Charmant, selbstsicher, authentisch: Ann Romney legt in Tampa einen großen Auftritt hin. Die Vorzeige-Gattin und der Rest seiner Familienbande sind Mitt Romneys beste Waffen gegen Obama.

Von Nora Schmitt-Sausen, Tampa

Ann Romneys Lächeln ist unschlagbar. Sie strahlt Wärme aus und unheimlich viel Natürlichkeit. Und sie versteht es, mit ihren Worten zu überzeugen. "Ihr könnt Mitt vertrauen", sagt sie sehr langsam, hebt dabei den Zeigefinger und blickt mit wachen, offenen Augen direkt in die Kamera. Der Adressat dieses Statements ist unverkennbar. Es sind nicht nur die vielen Tausend im Tampa Bay Times Forum, die während ihrer Rede immer wieder laut jubelnd von ihren Stühlen aufspringen. Es sind vor allem die Millionen Zuschauer vor den Fernsehbildschirmen. Viele sehen in Mitt Romney nichts als einen kaltherzigen Investment-Manager mit vielen Millionen auf dem Konto. Es ist Anns Mission, dieses öffentliche Bild von dem Mann, den sie mit 16 Jahren beim Tanzen kennenlernte, gerade zu rücken.

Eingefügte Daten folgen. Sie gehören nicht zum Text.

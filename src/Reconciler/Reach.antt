-- ===== src/Reconciler/Reach.antt =====
-- pkg/reconciler: who reaches the pods that ensurePods creates, where the network policy of the cluster
-- (networkpolicy.go) is in force.
use aerospike_operator.Prelude.{
  ◌≡◌, refl, sym, subst, ◌↔◌, ◌⊎◌, inl, arith, ℕ, ◌==◌, Bool, true, false, ◌&&◌, ◌||◌, Option, none,
  some, List, [], ◌∷◌, Text, text_eq, text_eq_refl, Occurs,
}
use aerospike_operator.Prelude.Dict.{lookup}
use aerospike_operator.Api.{AerospikeCluster, Kube}
use aerospike_operator.Versioning.Upgrade.{VersionUpgrade}
use aerospike_operator.Reconciler.Types.{ConfigMap}
use aerospike_operator.Pods.Platform.{Platform, Pod}
use aerospike_operator.Pods.Api.{Api, create_pod}
use aerospike_operator.Pods.Ensure.{ensure_pods}
use aerospike_operator.Pods.SafeEnsure.{ensure_pods-creates}
use aerospike_operator.Reconciler.Network.{
  Protocol, tcp, udp, Rule, cluster_labels, policy_of, service_of,
}

abbrev same_protocol : Protocol → Protocol → Bool
same_protocol tcp tcp = true
same_protocol udp udp = true
same_protocol _ _ = false

abbrev has_value : Text → Option Text → Bool
has_value v none = false
has_value v (some w) = text_eq w v

-- How Kubernetes reads a selector and a policy: all labels of the selector are there; one of the rules has
-- the peer, or names no peers, and has the port.
unfoldable pub selects : List (Text × Text) → List (Text × Text) → Bool
selects [] labels = true
selects ((key, v) ∷ rest) labels = has_value v (lookup key labels) && selects rest labels

abbrev any_peer : List (List (Text × Text)) → List (Text × Text) → Bool
any_peer [] labels = false
any_peer (peer ∷ rest) labels = selects peer labels || any_peer rest labels

abbrev has_peer : List (List (Text × Text)) → List (Text × Text) → Bool
has_peer [] labels = true
has_peer (peer ∷ rest) labels = any_peer (peer ∷ rest) labels

abbrev has_port : List (Protocol × ℕ) → Protocol → ℕ → Bool
has_port [] protocol port = false
has_port ((q, n) ∷ rest) protocol port =
    (same_protocol q protocol && n == port) || has_port rest protocol port

unfoldable pub admits : List Rule → List (Text × Text) → Protocol → ℕ → Bool
admits [] labels protocol port = false
admits (r ∷ rest) labels protocol port =
    (has_peer r.peers labels && has_port r.ports protocol port) || admits rest labels protocol port

tcp_ports :
    (b : Bool) (port : ℕ)
    → ((((b || false) && ((3001 == port) || ((3002 == port) || false)))
          || ((((3000 == port) || ((3003 == port) || ((9145 == port) || false)))) || false))
        ≡ true)
      ↔ (((b ≡ true) × ((port ≡ 3001) ⊎ (port ≡ 3002)))
          ⊎ ((port ≡ 3000) ⊎ (port ≡ 3003) ⊎ (port ≡ 9145)))
tcp_ports b port = (λ h. ground arith, λ h. ground arith)

module _ {k : Kube} (cluster : AerospikeCluster k) where
  -- The pods of the cluster are selected by its labels.
  labels-selected : selects (cluster_labels cluster) (cluster_labels cluster) ≡ true
  unfolding selects lookup text_eq
  labels-selected = rw (text_eq_refl cluster.name) refl

  -- Whoever connects, by TCP, the ports 3000, 3003 and 9145 are open, and 3001 and 3002 to pods of the cluster.
  abbrev pub MayConnect : List (Text × Text) → Protocol → ℕ → Type 0
  MayConnect labels protocol port =
      (protocol ≡ tcp)
      × (((selects (cluster_labels cluster) labels ≡ true) × ((port ≡ 3001) ⊎ (port ≡ 3002)))
          ⊎ ((port ≡ 3000) ⊎ (port ≡ 3003) ⊎ (port ≡ 9145)))

  ingress_iff :
      (labels : List (Text × Text)) (protocol : Protocol) (port : ℕ)
      → (admits (policy_of cluster).ingress labels protocol port ≡ true)
        ↔ MayConnect labels protocol port
  unfolding admits
  ingress_iff labels tcp port =
      let (to, from) = tcp_ports (selects (cluster_labels cluster) labels) port in
      (λ h. (refl, to h), λ h. from h.1)
  ingress_iff labels udp port = (λ h. absurd (ground arith), λ h. absurd (cc))

  egress-between :
      (labels : List (Text × Text)) (port : ℕ)
      → selects (cluster_labels cluster) labels ≡ true
      → (port ≡ 3001) ⊎ (port ≡ 3002)
      → admits (policy_of cluster).egress labels tcp port ≡ true
  unfolding admits
  egress-between labels port selected between = ground arith

  -- The service and the policy select the pod; connections to it are admitted as MayConnect says; and it
  -- may connect to the ports 3001 and 3002 of a pod like itself.
  abbrev pub IsReached : List (Text × Text) → Type 0
  IsReached labels =
      (selects (service_of cluster).selector labels ≡ true)
      × (selects (policy_of cluster).pod_selector labels ≡ true)
      × ((source : List (Text × Text)) (protocol : Protocol) (port : ℕ)
          → (admits (policy_of cluster).ingress source protocol port ≡ true)
            ↔ MayConnect source protocol port)
      × ((port : ℕ)
          → (port ≡ 3001) ⊎ (port ≡ 3002)
          → (admits (policy_of cluster).egress labels tcp port ≡ true)
            × (admits (policy_of cluster).ingress labels tcp port ≡ true))

  labels-IsReached : IsReached (cluster_labels cluster)
  labels-IsReached = (
    labels-selected,
    labels-selected,
    ingress_iff,
    λ port between. (
      egress-between (cluster_labels cluster) port labels-selected between,
      (ingress_iff (cluster_labels cluster) tcp port).1 (refl, inl (labels-selected, between)),
    ),
  )

module _ {p : Platform} {S : Type 0} (api : Api p S) (cluster : AerospikeCluster p.kube)
    (config_map : ConfigMap) where
  -- With selectors and policies read as Kubernetes documents them, the service and the policy of the cluster
  -- select every pod that ensurePods creates; the policy admits to it, by TCP, everyone on the ports 3000,
  -- 3003 and 9145, the pods of the cluster on 3001 and 3002 too, and nothing else; and it lets the pods of
  -- the cluster connect to each other on 3001 and 3002.
  pub ensure_pods-IsReached :
      (upgrade : Option VersionUpgrade) (s : S) (pod : Pod p)
      → Occurs (create_pod pod) (ensure_pods api cluster config_map upgrade s).1.0
      → IsReached cluster pod.labels
  ensure_pods-IsReached upgrade s pod o =
      let (i, within, ((named, space, labels, hash, image), storage)) =
        ensure_pods-creates cluster config_map api upgrade s pod o in
      subst (IsReached cluster) (sym labels) (labels-IsReached cluster)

Schon Stunden bevor Ann Romney einen Fuß auf die Megabühne in Tampa gesetzt hatte, war ihr Name in aller Munde. Ihr Auftritt wird von Beobachtern und Delegierten als der wichtigste des gesamten Parteitages gehandelt. Ann soll das Image ihres Mannes umbiegen. "Ich freue mich schon auf die Rede von Ann Romney. Sie wird eine wunderbare First Lady werden", flimmerte eine von vielen aufgeregten Twitter-Nachrichten über die spezielle Social-Media-Leinwand durch die Halle. Ann ist Romneys Geheimwaffe beim Stimmenfang. Jeder der sich schon etwas näher mit dem oft steif wirkenden Kandidaten der Republikaner auseinandergesetzt hat, weiß das. Und Romneys Wahlstrategen wissen es auch.

Der andere Mitt Romney: verlässlich, warm, humorvoll

Ann erzählt auf der Bühne von einem Mann, den die Amerikaner so nicht kennen. Von Mitt, der sich liebevoll um sie und die fünf Söhne kümmert. Mitt, der Nachbarn und Bekannten zur Seite steht, denen es schlecht geht. Mitt, der seine Frau auch nach 43 Ehejahren noch zum Lachen bringt. Sie zeichnet das Bild von einem Menschen, auf den sie sich jederzeit verlassen kann - so wie sich auch Amerika auf ihn verlassen soll. Dazu flimmern hinter Anns Rücken private Fotos des Romney-Clans über riesige Bildschirme. Jeder soll auch sehen: Mitt Romney ist nicht nur der viel beschriebene Multi-Millionär. Mitt Romney ist Familienmensch durch und durch. Vater. Ehemann. Großvater. Freund.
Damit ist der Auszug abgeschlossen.